A avaliação negativa do governo vai subindo desde outubro de 2020 e era explicada principalmente pelos efeitos da pandemia de Covid-19 – em especial, a forte segunda onda que assolou o País.
No entanto, os atuais níveis de avaliação negativa têm mais a ver com outros aspectos do governo, que serão detalhados mais à frente. O maior deles, contudo, é a perda do poder de compra do brasileiro, resultado de uma inflação de aproximadamente 9% nos últimos 12 meses. Após alguns meses apresentando tendência de queda, as perspectivas para o futuro da economia brasileira voltaram a apresentar resultados mais pessimistas – ainda que a variação mais recente tenha ficado no limite da margem de erro.

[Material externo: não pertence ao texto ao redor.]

-- ===== src/Readiness/Tests.antt =====
-- Rounds of a server without mods, and a log read in two chunks.
use docker_vrising.Prelude.{
  ◌++◌, arith, ℕ, ◌≡◌, refl, Bool, true, false, List, [], ◌∷◌, Bytes, codes, Option, some, none,
}
use docker_vrising.Readiness.{
  shows_startup, observe, complete, ExpectedReadiness, fatal_readiness_line, shows_vcf,
}
use docker_vrising.Prelude.Result.{ok}
use docker_vrising.Readiness.Lines.{complete_lines}
use docker_vrising.Readiness.Lines.Chunks.{complete_chunks, complete_lines-append}
use docker_vrising.Readiness.Round.{write_lines, LogBatch}
use docker_vrising.Readiness.Wait.{watch_rounds, is_ready}
use docker_vrising.Readiness.Wait.Ready.{declares, Declared, watch_rounds-Declared}

abbrev no_mods : ExpectedReadiness
no_mods = record { kindred_version = []; satisvampory_version = []; require_mods = false }

abbrev batch : ℕ → List Bytes → LogBatch
batch round lines = record {
  round = round;
  source = codes "server";
  lines = lines;
  more = false;
  pending = false;
  reset = false;
  activity = false;
  error = none;
}

abbrev starting : ℕ → Option (List LogBatch)
starting round = some (batch round (codes "x [Server] Startup Completed" ∷ []) ∷ [])

abbrev never_fails : List Bytes → Bytes → Bool
never_fails written text = false

abbrev never : ℕ → Bool
never round = false

fatal_line : fatal_readiness_line (codes "[Fatal] BepInEx is gone") ≡ true
unfolding fatal_readiness_line
fatal_line = refl

vcf_line : shows_vcf (codes "VampireCommandFramework: VCF Loaded: 0.10") ≡ true
unfolding shows_vcf
vcf_line = refl

two_rounds : watch_rounds no_mods never_fails starting never false 2 ≡ is_ready
unfolding watch_rounds write_lines fatal_readiness_line complete observe shows_startup
two_rounds = refl

two_rounds-declares : declares (watch_rounds no_mods never_fails starting never false 2) ≡ true
unfolding watch_rounds write_lines fatal_readiness_line complete observe shows_startup
two_rounds-declares = refl

watch_rounds-Declared_example : Declared no_mods never_fails starting 2
watch_rounds-Declared_example =
    watch_rounds-Declared no_mods never_fails starting never false 2 two_rounds-declares

half_lines : complete_lines (codes "a") (codes "b\r\nc") ≡ ok (codes "ab" ∷ [], codes "c")
unfolding complete_lines
half_lines = refl

complete_lines-append_example :
    complete_lines [] (codes "ab\r" ++ codes "\nc")
    ≡ complete_chunks [] (codes "ab\r") (codes "\nc")
complete_lines-append_example = complete_lines-append (codes "ab\r") (codes "\nc") [] (omega arith)
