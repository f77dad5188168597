-- ===== src/Recovery/Config.antt =====
-- What the recovery of the configuration leaves alone.
use docker_vrising.Prelude.{refl, arith, Bytes, ◌&&◌, not, Option, none, some, if◌then◌else◌}
use docker_vrising.State.{JournalEntry}
use docker_vrising.Disk.{
  World, FileSnapshot, ◌>>=◌, server, state, fail, fail_if-keeps, if-keeps, quarantine_changed,
  unexpected_quarantine, snapshot_file_below,
}
use docker_vrising.Recovery.{
  recover_existing_config, recover_known_config, recover_seen_config, recover_config_journal_entry,
  sync_quarantined_journal_parents, exists, has_digest, unexpected,
}
use docker_vrising.Recovery.Frame.{Keeps, IsOutside, sync-Keeps, bind-Keeps, snapshot-Keeps}

module _ (e : JournalEntry) (p q : Bytes) (outside : IsOutside e p q) (w : World) where
  here : Keeps p q w w
  here = record { server_file = refl; state_file = refl; document = refl; package_lock = refl }

  recover_existing_config-Keeps :
      (live quarantine : Option FileSnapshot)
      → Keeps p q w (recover_existing_config e live quarantine w).1
  unfolding recover_existing_config
  recover_existing_config-Keeps none none = ground arith
  recover_existing_config-Keeps (some f) none = sync-Keeps e p q w
  recover_existing_config-Keeps none (some g) = ground arith
  recover_existing_config-Keeps (some f) (some g) = ground arith

  recover_known_config-Keeps :
      (live quarantine : Option FileSnapshot)
      → Keeps p q w (recover_known_config e live quarantine w).1
  unfolding recover_known_config
  recover_known_config-Keeps live quarantine =
      let sync = sync_quarantined_journal_parents e in
      let synced = sync-Keeps e p q w in
      let none_there = if exists quarantine then fail unexpected_quarantine else sync in
      if-keeps (Keeps p q w) (exists live && not (has_digest live e.installed_sha256)) sync
        (if not e.existed then none_there else recover_existing_config e live quarantine) w
        (λ _. synced)
        (λ _.
          if-keeps (Keeps p q w) (not e.existed) none_there
            (recover_existing_config e live quarantine) w
            (λ _.
              if-keeps (Keeps p q w) (exists quarantine) (fail unexpected_quarantine) sync w
                (λ _. here) (λ _. synced))
            (λ _. recover_existing_config-Keeps live quarantine))

  recover_seen_config-Keeps :
      (live quarantine : Option FileSnapshot)
      → Keeps p q w (recover_seen_config e live quarantine w).1
  unfolding recover_seen_config
  recover_seen_config-Keeps live quarantine =
      fail_if-keeps (Keeps p q w) (unexpected quarantine e.existed e.original_sha256)
        quarantine_changed (recover_known_config e live quarantine) w here
        (recover_known_config-Keeps live quarantine)

-- The recovery of the configuration leaves a server path and a state path that are not among its
-- entry's as they were, and the state document and the package lock too.
pub recover_config-Keeps :
    (e : JournalEntry) (p q : Bytes) (w : World)
    → IsOutside e p q
    → Keeps p q w (recover_config_journal_entry e w).1
unfolding recover_config_journal_entry
recover_config-Keeps e p q w outside =
    bind-Keeps p q (snapshot_file_below server e.relative_path)
      (λ live. snapshot_file_below state e.quarantine_path >>= recover_seen_config e live) w
      (snapshot-Keeps p q server e.relative_path w)
      (λ live v.
        bind-Keeps p q (snapshot_file_below state e.quarantine_path) (recover_seen_config e live) v
          (snapshot-Keeps p q state e.quarantine_path v)
          (λ quarantine u. recover_seen_config-Keeps e p q outside u live quarantine))
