-- ===== src/Recovery/Tests.antt =====
-- Recovery of a replaced file.
use docker_vrising.Prelude.{bytes_beq, ◌≡◌, refl, some, [], true, false, ◌∷◌, codes}
use docker_vrising.Prelude.Result.{ok}
use docker_vrising.Disk.{World, FileSnapshot}
use docker_vrising.Recovery.{
  recover_config_journal_entry, recover_quarantined_journal_entry, recover_seen, recover_file,
  recover_existing_file, recover_replacement, finish_replacement,
}
use docker_vrising.Recovery.States.{IsRestored, IsRecoverable, live_of, recoverable_existing}
use docker_vrising.Recovery.Sound.{recover-IsRestored}
use docker_vrising.Recovery.Crash.{recover-IsRecoverable}
use docker_vrising.Recovery.Config.{recover_config-Keeps}
use docker_vrising.Recovery.Frame.{recover-keeps_foreign, Keeps}
use docker_vrising.Sample.{entry, replaced, new_file, entry-IsWellFormed}

-- The run on this disk returns no error.
replaced_recovers : (recover_quarantined_journal_entry entry replaced).0 ≡ ok tt
unfolding recover_quarantined_journal_entry recover_seen recover_file recover_existing_file
    recover_replacement finish_replacement bytes_beq
replaced_recovers = refl

replaced-IsRecoverable : IsRecoverable entry replaced
unfolding recoverable_existing bytes_beq
replaced-IsRecoverable = refl

recover-IsRestored_example : IsRestored entry (recover_quarantined_journal_entry entry replaced).1
recover-IsRestored_example = recover-IsRestored entry replaced entry-IsWellFormed replaced_recovers

-- The second call fails.
abbrev failing : World
failing = record replaced { faults = false ∷ true ∷ [] }

failing-IsRecoverable : IsRecoverable entry failing
unfolding recoverable_existing bytes_beq
failing-IsRecoverable = refl

recover-IsRecoverable_example :
    IsRecoverable entry (recover_quarantined_journal_entry entry failing).1
recover-IsRecoverable_example =
    recover-IsRecoverable entry failing entry-IsWellFormed failing-IsRecoverable

-- An operator has put a file of their own in the place of the new one.
abbrev foreign : FileSnapshot
foreign = record new_file { sha256 = codes "c" }

abbrev edited : World
edited = record replaced { server_files = λ path. some foreign }

recover-keeps_foreign_example :
    live_of entry (recover_quarantined_journal_entry entry edited).1 ≡ some foreign
unfolding bytes_beq
recover-keeps_foreign_example = recover-keeps_foreign entry foreign edited refl refl

-- The configuration's entry recovers from its quarantine.
recover_config-Keeps_example :
    Keeps (codes "y.dll") (codes "r") replaced (recover_config_journal_entry entry replaced).1
unfolding bytes_beq
recover_config-Keeps_example =
    recover_config-Keeps entry (codes "y.dll") (codes "r") replaced
      (record { live = refl; quarantine = refl; tombstone = refl })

Dos entrevistados, 63% acreditam que a economia está no caminho errado e apenas 27% acreditam que ela está no caminho certo. Antes da pandemia, no fim de 2019, a realidade era bastante diferente, com maioria confiante sobre o rumo da atividade produtiva do País.
Apesar da retomada da atividade econômica, com a retirada de praticamente todas as restrições de circulação, o brasileiro tem visto os preços de itens do dia a dia – especialmente, gasolina, botijão de gás e alimentos em geral – subirem de forma acelerada. Isso impacta diretamente nas preferências econômicas dos consumidores e, muitas vezes, corrói a renda do brasileiro. Tal conjuntura, aliada ao alto nível de desemprego do País, tende a minar a popularidade de qualquer líder.
Para piorar, alguns setores antes considerados aliados, hoje ensaiam distância do governo – é o caso de parte do mercado financeiro e dos militares, além de algumas siglas do Centrão. Nesse contexto, houve uma aposta do governo na radicalização do discurso, personificada em Bolsonaro e sua implicância com o voto impresso para 2022, de modo a reaquecer sua base mais fiel. No entanto, diante de quase 3 anos de mandato e alguns episódios de desgaste (sendo o maior deles, evidentemente, a gestão da Covid-19 no Brasil), a postura mais agressiva do presidente acaba por afastar ainda mais parte do eleitorado que votou nele em 2018, com receio de uma volta do PT ao poder. Entre a cruz e a espada, o Planalto não consegue calibrar o posicionamento do presidente para reverter a tendência de queda da avaliação de governo.
Faltando cerca de um ano e dois meses para as eleições, a ala política de Brasília terá de mudar sua estratégia para evitar um estrago maior – afinal, na política, o momentum também importa muito. Seja como for, o atual presidente está cada vez menos na posição de escolher um adversário para o segundo turno, como se ele já estivesse garantido. A pesquisa da XP, ainda que seja muito cedo para traçar cenários de segundo turno, mostra que todos as simulações entre Bolsonaro e outro candidato (seja ele Lula, Sérgio Moro, Ciro Gomes, Eduardo Leite, Luiz Henrique Mandetta ou João Doria) resultam em desvantagem para o atual presidente.